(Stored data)
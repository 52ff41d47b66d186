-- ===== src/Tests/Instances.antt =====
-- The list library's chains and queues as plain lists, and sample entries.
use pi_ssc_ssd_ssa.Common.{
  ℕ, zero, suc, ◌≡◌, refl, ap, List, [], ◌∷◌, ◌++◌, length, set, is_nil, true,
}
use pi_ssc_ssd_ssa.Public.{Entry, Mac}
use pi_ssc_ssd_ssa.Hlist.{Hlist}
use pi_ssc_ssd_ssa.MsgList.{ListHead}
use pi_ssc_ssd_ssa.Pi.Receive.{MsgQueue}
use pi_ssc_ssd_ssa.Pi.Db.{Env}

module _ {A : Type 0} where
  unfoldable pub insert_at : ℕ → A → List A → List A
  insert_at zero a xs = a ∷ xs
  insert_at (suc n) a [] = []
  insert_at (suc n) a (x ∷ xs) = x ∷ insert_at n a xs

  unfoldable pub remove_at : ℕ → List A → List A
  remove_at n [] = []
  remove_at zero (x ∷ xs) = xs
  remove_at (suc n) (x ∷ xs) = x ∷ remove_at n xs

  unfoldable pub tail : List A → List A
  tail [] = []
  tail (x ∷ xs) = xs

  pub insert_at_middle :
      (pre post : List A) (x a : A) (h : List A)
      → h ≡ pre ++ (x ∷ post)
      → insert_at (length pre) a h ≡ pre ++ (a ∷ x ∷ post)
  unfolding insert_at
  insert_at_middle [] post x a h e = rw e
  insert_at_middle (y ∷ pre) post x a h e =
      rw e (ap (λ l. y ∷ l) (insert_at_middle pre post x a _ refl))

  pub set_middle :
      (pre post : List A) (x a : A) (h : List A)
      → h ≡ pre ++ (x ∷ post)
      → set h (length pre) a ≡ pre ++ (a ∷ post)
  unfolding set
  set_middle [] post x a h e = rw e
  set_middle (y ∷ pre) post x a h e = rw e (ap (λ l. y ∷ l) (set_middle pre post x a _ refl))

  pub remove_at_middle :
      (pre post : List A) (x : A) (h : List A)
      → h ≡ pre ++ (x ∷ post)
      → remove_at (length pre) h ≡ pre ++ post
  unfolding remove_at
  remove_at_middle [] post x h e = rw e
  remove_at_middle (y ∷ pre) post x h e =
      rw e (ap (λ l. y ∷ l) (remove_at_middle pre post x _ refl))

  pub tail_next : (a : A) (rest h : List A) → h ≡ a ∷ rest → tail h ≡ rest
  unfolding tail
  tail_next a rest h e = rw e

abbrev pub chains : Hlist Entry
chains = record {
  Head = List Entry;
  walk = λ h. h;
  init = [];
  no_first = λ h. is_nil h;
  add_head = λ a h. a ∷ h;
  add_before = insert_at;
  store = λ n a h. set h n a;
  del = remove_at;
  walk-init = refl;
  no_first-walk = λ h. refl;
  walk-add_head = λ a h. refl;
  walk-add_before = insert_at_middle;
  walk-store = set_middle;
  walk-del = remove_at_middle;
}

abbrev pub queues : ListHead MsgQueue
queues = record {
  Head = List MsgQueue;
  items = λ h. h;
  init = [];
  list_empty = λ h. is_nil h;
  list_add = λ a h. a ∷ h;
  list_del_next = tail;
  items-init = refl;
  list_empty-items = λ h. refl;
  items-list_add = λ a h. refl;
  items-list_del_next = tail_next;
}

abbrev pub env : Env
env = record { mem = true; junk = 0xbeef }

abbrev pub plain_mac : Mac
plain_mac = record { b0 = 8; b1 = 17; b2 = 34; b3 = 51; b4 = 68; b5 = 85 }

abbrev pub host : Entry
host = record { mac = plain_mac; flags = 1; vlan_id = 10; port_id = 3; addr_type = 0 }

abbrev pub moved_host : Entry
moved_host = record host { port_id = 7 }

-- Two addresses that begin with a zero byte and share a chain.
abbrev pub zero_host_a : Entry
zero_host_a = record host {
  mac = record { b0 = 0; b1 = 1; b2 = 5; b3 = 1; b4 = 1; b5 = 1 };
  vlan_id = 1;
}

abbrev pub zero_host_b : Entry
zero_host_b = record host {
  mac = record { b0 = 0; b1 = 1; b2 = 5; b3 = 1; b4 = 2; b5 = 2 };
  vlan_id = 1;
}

_TASK TO COMPLETE_: Exactly as they stand in the records above, print the lines from the one containing "list_add = λ a h. a ∷ h;" through the final line, inclusive.

_EXERCISE OUTPUT_:
  list_add = λ a h. a ∷ h;
  list_del_next = tail;
  items-init = refl;
  list_empty-items = λ h. refl;
  items-list_add = λ a h. refl;
  items-list_del_next = tail_next;
}

abbrev pub env : Env
env = record { mem = true; junk = 0xbeef }

abbrev pub plain_mac : Mac
plain_mac = record { b0 = 8; b1 = 17; b2 = 34; b3 = 51; b4 = 68; b5 = 85 }

abbrev pub host : Entry
host = record { mac = plain_mac; flags = 1; vlan_id = 10; port_id = 3; addr_type = 0 }

abbrev pub moved_host : Entry
moved_host = record host { port_id = 7 }

-- Two addresses that begin with a zero byte and share a chain.
abbrev pub zero_host_a : Entry
zero_host_a = record host {
  mac = record { b0 = 0; b1 = 1; b2 = 5; b3 = 1; b4 = 1; b5 = 1 };
  vlan_id = 1;
}

abbrev pub zero_host_b : Entry
zero_host_b = record host {
  mac = record { b0 = 0; b1 = 1; b2 = 5; b3 = 1; b4 = 2; b5 = 2 };
  vlan_id = 1;
}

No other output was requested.